Monotone Learning
Olivier Bousquet, Amit Daniely, Haim Kaplan, Yishay Mansour, and Shay Moran, Uri Stemmer

TL;DR
This paper proves that any multiclass classification algorithm can be transformed into a monotone one with similar performance, extending previous binary results and ensuring monotonicity without performance loss.
Contribution
It introduces an efficient black-box transformation that makes any learning algorithm monotone in multiclass classification, answering longstanding open questions.
Findings
Every learning algorithm can be transformed into a monotone one with similar performance.
The transformation is efficient and uses only black-box access to the original algorithm.

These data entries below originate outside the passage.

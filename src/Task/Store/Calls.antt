-- ===== src/Task/Store/Calls.antt =====
-- Any sequence of calls of `TaskStore`, against a plain map from task ids to states.
use mathlib.Core.Option
use h2ai_control_plane.Prelude.{
  ℕ, ◌≡◌, refl, ap, ◌∙◌, Bool, Option, some, List, [], ◌∷◌, arith, ◌==◌, str_eq, str_eq_iff,
  eq_string, if◌then◌else◌,
}
use h2ai_control_plane.HashMap.{hash_map_laws}
use h2ai_control_plane.Identity.{TaskId, UuidFormat}
use h2ai_control_plane.Task.Phase.{TaskPhase, resolved, failed, awaiting_approval}
use h2ai_control_plane.Task.State.{TaskState, enter}
use h2ai_control_plane.Task.Store.{
  TaskStore, with_phase, with_completed, with_validation, insert, get, set_phase,
  increment_completed, record_validation, mark_resolved, mark_failed, set_awaiting_approval,
}

-- A call of one of the methods that change the store.
pub data Call : Type 0 where
  insert_state : TaskState → Call
  phase_set : TaskPhase → ℕ → ℕ → Call
  completed : Call
  validated : Bool → Call
  resolve : Call
  fail : Call
  await_approval : Call

-- The specification: what a call for a task does to what is known of that task.
abbrev pub effect : Call → Option TaskState → Option TaskState
effect (insert_state s) o = some s
effect (phase_set p n r) o = Option.map (with_phase p n r) o
effect completed o = Option.map with_completed o
effect (validated v) o = Option.map (with_validation v) o
effect resolve o = Option.map (enter resolved) o
effect fail o = Option.map (enter failed) o
effect await_approval o = Option.map (enter awaiting_approval) o

-- The states that calls for one task leave behind, in order.
abbrev pub history : TaskId → List (TaskId × Call) → Option TaskState → Option TaskState
history id [] o = o
history id ((j, c) ∷ cs) o = history id cs (if j == id then effect c o else o)

module _ (uuid : UuidFormat) where
  open uuid use {to_string, to_string_injective}

  unfoldable pub call : TaskStore → TaskId → Call → TaskStore
  unfolding insert set_phase increment_completed record_validation mark_resolved mark_failed
      set_awaiting_approval
  call store id (insert_state s) = insert uuid store id s
  call store id (phase_set p n r) = set_phase uuid store id p n r
  call store id completed = increment_completed uuid store id
  call store id (validated v) = record_validation uuid store id v
  call store id resolve = mark_resolved uuid store id
  call store id fail = mark_failed uuid store id
  call store id await_approval = set_awaiting_approval uuid store id

  unfoldable pub calls : TaskStore → List (TaskId × Call) → TaskStore
  unfolding call
  calls store [] = store
  calls store ((id, c) ∷ cs) = calls (call store id c) cs

  printed_eq : (a b : TaskId) → str_eq (to_string a) (to_string b) ≡ (a == b)
  printed_eq a b = ground (
    arith,
    str_eq_iff (to_string a) (to_string b),
    to_string_injective a b,
    ap to_string {x = a} {y = b},
  )

  -- One call acts on its own task as specified, and on no other.
  pub get-call :
      (store : TaskStore) (id j : TaskId) (c : Call)
      → get uuid (call store id c) j
        ≡ (if id == j then effect c (get uuid store j) else get uuid store j)
  unfolding call get
  get-call store id j (insert_state s) = simp (hash_map_laws, printed_eq)
  get-call store id j _ = simp (hash_map_laws, printed_eq)

  -- After any calls, the state of a task is what its own calls make of it.
  pub get-calls :
      (store : TaskStore) (cs : List (TaskId × Call)) (id : TaskId)
      → get uuid (calls store cs) id ≡ history id cs (get uuid store id)
  unfolding calls
  get-calls store [] id = refl
  get-calls store ((j, c) ∷ cs) id =
      get-calls (call store j c) cs id ∙ ap (history id cs) (get-call store j id c)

Monotone learners are achievable in distribution-free settings like PAC learning.
Abstract
The amount of training-data is one of the key factors which determines the generalization capacity of learning algorithms. Intuitively, one expects the error rate to decrease as the amount of training-data increases. Perhaps surprisingly, natural attempts to formalize this intuition give rise to interesting and challenging mathematical questions. For example, in their classical book on pattern recognition, Devroye, Gyorfi, and Lugosi (1996) ask whether there exists a {monotone} Bayes-consistent algorithm. This question remained open for over 25 years, until recently Pestov (2021) resolved it for binary classification, using an intricate construction of a monotone Bayes-consistent algorithm. We derive a general result in multiclass classification, showing that every learning algorithm A can be transformed to a monotone one with similar performance. Further, the transformation is…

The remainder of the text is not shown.